For the entries below, print exactly the lines between the line holding "whole_blocks (suc fuel)" and the line holding "be_bytes 4 s.h))))))", inclusive, and nothing else.

--------------------------------

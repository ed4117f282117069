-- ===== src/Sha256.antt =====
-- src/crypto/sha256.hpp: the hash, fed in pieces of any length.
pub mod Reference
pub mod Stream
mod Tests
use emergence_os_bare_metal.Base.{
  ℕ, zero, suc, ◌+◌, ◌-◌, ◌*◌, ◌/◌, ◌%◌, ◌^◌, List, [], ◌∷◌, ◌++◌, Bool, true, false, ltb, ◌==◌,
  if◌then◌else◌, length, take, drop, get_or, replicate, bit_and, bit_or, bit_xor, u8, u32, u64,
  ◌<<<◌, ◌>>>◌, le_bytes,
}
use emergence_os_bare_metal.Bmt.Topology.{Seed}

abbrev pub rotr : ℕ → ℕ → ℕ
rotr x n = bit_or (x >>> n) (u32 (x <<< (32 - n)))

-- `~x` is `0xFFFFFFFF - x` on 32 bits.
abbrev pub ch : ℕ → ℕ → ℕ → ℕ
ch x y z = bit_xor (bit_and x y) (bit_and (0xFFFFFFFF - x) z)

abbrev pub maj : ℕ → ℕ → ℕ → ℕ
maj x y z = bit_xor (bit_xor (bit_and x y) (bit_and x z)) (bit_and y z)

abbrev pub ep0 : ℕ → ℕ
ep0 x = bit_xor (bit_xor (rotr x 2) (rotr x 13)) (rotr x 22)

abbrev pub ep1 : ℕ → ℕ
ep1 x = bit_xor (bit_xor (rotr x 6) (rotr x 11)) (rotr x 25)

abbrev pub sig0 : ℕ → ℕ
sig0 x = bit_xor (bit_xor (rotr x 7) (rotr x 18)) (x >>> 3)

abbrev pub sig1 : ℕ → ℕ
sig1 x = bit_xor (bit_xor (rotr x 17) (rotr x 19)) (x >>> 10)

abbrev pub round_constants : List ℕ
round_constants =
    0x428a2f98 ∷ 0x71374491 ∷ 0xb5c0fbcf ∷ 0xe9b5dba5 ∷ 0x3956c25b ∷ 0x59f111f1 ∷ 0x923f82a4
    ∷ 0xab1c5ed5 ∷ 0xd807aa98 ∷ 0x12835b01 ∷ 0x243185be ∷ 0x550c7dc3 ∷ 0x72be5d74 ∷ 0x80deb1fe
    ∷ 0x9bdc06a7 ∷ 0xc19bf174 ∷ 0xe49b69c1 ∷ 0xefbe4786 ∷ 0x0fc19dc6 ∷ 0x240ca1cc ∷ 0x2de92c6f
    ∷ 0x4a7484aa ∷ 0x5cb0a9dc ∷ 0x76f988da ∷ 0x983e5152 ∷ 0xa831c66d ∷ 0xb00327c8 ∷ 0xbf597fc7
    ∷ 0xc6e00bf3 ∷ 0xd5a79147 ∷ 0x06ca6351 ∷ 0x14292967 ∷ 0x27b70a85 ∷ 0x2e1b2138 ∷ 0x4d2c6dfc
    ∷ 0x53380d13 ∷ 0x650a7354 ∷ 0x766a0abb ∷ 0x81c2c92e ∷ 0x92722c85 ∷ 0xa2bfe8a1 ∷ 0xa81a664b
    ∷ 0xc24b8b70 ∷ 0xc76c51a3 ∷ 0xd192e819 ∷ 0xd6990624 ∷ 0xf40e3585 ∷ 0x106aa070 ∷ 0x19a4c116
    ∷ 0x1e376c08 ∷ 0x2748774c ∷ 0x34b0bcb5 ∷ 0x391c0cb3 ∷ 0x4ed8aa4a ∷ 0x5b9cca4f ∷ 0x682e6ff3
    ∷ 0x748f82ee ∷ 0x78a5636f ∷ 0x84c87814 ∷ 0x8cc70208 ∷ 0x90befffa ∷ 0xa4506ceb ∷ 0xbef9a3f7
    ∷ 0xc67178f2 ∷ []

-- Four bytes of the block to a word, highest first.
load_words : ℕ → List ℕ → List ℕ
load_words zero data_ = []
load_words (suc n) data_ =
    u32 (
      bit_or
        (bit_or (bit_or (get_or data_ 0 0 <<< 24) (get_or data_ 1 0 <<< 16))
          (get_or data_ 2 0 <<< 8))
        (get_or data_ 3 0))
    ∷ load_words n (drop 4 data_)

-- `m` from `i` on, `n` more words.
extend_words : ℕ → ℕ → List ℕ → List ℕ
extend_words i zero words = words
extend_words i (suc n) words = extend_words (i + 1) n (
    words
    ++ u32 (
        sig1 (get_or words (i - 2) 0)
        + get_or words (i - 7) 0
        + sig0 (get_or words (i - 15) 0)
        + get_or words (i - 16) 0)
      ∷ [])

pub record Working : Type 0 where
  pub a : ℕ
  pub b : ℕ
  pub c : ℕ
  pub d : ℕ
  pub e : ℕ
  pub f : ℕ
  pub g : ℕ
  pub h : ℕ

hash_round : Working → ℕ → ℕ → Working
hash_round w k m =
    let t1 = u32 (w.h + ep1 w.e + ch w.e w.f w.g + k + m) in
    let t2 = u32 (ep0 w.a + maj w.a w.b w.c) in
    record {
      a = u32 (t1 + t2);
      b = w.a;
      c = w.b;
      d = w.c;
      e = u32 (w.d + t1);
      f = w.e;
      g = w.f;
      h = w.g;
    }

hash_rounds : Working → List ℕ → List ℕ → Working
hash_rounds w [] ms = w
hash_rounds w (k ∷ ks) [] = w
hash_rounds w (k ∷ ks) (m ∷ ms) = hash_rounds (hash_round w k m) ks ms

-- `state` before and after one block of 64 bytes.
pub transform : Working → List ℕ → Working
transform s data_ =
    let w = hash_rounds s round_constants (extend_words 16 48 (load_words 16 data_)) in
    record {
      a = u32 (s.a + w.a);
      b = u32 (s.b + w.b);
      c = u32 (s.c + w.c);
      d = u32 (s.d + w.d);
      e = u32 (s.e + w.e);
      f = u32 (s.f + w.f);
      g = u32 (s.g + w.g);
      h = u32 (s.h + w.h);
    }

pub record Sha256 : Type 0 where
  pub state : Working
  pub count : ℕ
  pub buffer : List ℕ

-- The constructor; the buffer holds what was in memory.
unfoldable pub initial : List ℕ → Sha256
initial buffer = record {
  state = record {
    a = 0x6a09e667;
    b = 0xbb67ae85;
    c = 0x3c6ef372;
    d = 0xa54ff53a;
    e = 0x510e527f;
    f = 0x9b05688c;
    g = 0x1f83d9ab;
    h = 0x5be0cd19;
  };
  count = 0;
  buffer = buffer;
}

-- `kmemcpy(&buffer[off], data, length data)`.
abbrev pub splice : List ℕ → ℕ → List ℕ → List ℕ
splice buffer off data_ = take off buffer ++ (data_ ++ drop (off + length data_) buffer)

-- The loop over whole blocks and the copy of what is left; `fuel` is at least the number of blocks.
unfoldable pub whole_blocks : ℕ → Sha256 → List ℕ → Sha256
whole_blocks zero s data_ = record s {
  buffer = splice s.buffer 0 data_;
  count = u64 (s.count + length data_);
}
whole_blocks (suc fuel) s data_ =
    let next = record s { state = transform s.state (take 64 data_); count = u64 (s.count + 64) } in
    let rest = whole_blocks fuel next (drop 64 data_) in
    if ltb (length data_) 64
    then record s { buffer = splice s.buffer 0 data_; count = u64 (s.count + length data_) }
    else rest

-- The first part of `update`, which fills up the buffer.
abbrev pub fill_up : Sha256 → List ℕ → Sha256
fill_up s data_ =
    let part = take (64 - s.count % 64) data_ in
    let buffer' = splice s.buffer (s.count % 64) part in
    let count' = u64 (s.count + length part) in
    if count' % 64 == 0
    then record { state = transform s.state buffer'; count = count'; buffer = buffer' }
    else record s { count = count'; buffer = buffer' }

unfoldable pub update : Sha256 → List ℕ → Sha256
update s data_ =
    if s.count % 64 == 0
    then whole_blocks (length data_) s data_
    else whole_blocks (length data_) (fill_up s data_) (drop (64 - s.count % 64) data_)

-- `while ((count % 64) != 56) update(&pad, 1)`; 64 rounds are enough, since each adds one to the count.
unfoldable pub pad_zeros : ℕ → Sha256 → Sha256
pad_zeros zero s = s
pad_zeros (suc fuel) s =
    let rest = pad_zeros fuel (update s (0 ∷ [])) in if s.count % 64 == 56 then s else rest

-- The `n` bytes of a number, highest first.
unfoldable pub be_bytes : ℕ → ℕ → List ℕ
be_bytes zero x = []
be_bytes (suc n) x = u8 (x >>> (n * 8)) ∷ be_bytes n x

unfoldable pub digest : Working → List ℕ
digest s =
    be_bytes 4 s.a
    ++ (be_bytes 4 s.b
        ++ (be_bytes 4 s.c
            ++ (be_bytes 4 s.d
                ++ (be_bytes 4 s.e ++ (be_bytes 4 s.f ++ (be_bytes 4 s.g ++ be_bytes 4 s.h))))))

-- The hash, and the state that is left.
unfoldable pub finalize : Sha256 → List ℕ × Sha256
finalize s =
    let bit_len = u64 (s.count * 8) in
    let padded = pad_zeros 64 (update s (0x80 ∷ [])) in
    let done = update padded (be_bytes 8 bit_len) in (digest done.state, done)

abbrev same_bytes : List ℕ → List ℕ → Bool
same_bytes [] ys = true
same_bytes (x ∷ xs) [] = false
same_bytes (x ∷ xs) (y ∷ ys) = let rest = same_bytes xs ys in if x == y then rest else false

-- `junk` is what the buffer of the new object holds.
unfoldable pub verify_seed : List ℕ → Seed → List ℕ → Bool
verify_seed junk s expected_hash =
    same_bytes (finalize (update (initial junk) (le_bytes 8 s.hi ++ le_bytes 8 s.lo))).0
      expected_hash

--------------------------------

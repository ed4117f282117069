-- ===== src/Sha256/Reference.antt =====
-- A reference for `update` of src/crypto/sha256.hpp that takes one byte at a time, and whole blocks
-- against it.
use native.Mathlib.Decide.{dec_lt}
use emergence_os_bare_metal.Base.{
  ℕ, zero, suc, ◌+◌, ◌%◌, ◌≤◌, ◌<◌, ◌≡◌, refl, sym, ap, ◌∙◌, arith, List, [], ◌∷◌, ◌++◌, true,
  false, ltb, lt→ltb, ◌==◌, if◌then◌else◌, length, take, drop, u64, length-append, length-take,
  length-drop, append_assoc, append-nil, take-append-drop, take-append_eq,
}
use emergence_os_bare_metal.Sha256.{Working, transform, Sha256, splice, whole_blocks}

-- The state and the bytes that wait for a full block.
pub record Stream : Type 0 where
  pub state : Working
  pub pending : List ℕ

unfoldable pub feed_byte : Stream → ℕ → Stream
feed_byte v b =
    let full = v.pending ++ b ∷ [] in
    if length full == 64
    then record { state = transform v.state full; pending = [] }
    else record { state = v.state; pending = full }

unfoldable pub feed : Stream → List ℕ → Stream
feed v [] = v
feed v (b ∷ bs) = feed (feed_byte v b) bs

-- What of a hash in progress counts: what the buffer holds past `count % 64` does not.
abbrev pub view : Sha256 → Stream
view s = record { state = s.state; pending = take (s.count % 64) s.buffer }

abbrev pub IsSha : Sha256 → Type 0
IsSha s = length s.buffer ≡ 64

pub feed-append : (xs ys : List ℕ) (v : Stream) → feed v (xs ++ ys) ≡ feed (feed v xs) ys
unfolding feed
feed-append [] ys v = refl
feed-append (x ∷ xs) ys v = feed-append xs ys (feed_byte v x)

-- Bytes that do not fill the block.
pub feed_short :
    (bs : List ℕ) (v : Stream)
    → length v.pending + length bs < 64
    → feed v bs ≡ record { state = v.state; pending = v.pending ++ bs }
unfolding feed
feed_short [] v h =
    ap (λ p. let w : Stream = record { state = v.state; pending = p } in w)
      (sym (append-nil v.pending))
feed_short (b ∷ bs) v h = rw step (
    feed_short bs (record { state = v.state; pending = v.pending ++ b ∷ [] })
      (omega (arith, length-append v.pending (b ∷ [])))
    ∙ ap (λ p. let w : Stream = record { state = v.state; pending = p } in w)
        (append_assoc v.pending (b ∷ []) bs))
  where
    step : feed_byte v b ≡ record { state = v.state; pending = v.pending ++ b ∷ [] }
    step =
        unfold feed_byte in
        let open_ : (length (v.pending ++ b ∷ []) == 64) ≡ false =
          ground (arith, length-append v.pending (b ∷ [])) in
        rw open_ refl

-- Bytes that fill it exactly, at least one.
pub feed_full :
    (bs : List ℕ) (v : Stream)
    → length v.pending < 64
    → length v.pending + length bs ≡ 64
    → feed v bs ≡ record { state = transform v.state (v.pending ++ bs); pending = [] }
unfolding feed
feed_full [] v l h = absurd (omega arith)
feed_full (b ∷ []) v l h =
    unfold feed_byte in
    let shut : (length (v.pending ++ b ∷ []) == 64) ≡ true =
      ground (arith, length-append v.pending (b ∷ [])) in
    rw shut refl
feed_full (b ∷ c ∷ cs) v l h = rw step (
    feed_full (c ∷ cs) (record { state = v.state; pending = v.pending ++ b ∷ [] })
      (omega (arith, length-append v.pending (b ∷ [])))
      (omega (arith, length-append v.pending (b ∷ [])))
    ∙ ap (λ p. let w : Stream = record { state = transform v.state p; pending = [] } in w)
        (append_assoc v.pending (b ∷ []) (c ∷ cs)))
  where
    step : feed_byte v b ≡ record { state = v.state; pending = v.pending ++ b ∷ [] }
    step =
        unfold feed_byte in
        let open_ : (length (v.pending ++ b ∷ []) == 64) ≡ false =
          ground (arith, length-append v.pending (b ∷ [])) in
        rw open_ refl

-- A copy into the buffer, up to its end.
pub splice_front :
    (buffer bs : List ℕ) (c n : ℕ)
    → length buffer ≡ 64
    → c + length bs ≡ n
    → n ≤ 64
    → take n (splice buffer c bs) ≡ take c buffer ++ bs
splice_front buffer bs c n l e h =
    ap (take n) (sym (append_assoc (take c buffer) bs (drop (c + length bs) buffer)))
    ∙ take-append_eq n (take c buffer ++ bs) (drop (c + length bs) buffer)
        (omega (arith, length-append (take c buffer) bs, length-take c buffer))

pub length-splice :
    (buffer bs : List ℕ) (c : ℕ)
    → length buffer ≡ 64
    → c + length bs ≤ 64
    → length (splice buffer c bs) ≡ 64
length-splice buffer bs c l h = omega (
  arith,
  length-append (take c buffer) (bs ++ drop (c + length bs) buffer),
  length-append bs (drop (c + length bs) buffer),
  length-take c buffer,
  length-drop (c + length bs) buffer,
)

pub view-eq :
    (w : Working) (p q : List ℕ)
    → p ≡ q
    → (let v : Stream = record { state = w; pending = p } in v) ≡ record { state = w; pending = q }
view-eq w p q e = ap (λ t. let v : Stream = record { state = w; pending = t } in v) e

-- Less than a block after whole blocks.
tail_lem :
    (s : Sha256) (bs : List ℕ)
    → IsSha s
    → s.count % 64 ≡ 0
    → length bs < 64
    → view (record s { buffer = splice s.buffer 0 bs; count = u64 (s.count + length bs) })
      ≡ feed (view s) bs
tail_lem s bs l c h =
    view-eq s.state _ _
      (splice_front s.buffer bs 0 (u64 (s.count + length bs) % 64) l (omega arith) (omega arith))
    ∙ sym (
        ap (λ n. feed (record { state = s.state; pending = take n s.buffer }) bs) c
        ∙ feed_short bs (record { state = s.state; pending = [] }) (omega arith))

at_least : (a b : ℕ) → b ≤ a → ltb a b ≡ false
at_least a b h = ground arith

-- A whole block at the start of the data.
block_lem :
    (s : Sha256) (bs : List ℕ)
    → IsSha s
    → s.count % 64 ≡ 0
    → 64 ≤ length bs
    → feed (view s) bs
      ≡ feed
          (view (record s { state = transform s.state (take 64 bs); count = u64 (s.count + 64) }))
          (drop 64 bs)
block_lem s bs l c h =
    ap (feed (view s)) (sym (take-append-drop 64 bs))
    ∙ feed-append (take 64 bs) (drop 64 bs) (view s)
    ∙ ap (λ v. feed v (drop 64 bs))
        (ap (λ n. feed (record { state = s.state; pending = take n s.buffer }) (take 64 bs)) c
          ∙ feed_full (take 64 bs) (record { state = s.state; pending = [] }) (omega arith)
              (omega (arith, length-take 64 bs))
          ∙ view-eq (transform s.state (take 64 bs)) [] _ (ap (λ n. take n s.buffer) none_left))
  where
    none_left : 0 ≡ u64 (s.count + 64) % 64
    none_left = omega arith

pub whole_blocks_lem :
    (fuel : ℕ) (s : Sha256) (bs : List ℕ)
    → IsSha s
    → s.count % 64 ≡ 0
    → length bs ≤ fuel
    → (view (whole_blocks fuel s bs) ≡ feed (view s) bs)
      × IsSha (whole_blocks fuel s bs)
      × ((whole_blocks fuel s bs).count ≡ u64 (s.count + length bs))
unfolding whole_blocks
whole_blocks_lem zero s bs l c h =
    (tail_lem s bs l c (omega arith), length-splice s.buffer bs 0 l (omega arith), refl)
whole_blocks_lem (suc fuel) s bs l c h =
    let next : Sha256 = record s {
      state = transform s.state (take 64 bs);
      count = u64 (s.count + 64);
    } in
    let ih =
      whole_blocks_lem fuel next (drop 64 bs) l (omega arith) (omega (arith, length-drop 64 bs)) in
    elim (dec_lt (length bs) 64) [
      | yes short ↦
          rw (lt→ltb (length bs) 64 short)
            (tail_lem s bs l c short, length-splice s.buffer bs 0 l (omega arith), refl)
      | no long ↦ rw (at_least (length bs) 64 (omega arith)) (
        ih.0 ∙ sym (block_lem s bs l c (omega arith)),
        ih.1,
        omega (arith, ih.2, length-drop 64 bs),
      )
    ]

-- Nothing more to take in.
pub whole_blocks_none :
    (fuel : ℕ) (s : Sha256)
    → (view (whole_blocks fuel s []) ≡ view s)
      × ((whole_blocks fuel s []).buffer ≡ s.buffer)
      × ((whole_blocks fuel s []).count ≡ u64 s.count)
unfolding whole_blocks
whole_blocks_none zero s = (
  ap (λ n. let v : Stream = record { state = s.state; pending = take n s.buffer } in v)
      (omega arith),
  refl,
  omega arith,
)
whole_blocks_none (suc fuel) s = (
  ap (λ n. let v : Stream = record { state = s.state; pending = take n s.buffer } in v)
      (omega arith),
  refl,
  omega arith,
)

--------------------------------

Task response:
whole_blocks (suc fuel) s data_ =
    let next = record s { state = transform s.state (take 64 data_); count = u64 (s.count + 64) } in
    let rest = whole_blocks fuel next (drop 64 data_) in
    if ltb (length data_) 64
    then record s { buffer = splice s.buffer 0 data_; count = u64 (s.count + length data_) }
    else rest

-- The first part of `update`, which fills up the buffer.
abbrev pub fill_up : Sha256 → List ℕ → Sha256
fill_up s data_ =
    let part = take (64 - s.count % 64) data_ in
    let buffer' = splice s.buffer (s.count % 64) part in
    let count' = u64 (s.count + length part) in
    if count' % 64 == 0
    then record { state = transform s.state buffer'; count = count'; buffer = buffer' }
    else record s { count = count'; buffer = buffer' }

unfoldable pub update : Sha256 → List ℕ → Sha256
update s data_ =
    if s.count % 64 == 0
    then whole_blocks (length data_) s data_
    else whole_blocks (length data_) (fill_up s data_) (drop (64 - s.count % 64) data_)

-- `while ((count % 64) != 56) update(&pad, 1)`; 64 rounds are enough, since each adds one to the count.
unfoldable pub pad_zeros : ℕ → Sha256 → Sha256
pad_zeros zero s = s
pad_zeros (suc fuel) s =
    let rest = pad_zeros fuel (update s (0 ∷ [])) in if s.count % 64 == 56 then s else rest

-- The `n` bytes of a number, highest first.
unfoldable pub be_bytes : ℕ → ℕ → List ℕ
be_bytes zero x = []
be_bytes (suc n) x = u8 (x >>> (n * 8)) ∷ be_bytes n x

unfoldable pub digest : Working → List ℕ
digest s =
    be_bytes 4 s.a
    ++ (be_bytes 4 s.b
        ++ (be_bytes 4 s.c
            ++ (be_bytes 4 s.d
                ++ (be_bytes 4 s.e ++ (be_bytes 4 s.f ++ (be_bytes 4 s.g ++ be_bytes 4 s.h))))))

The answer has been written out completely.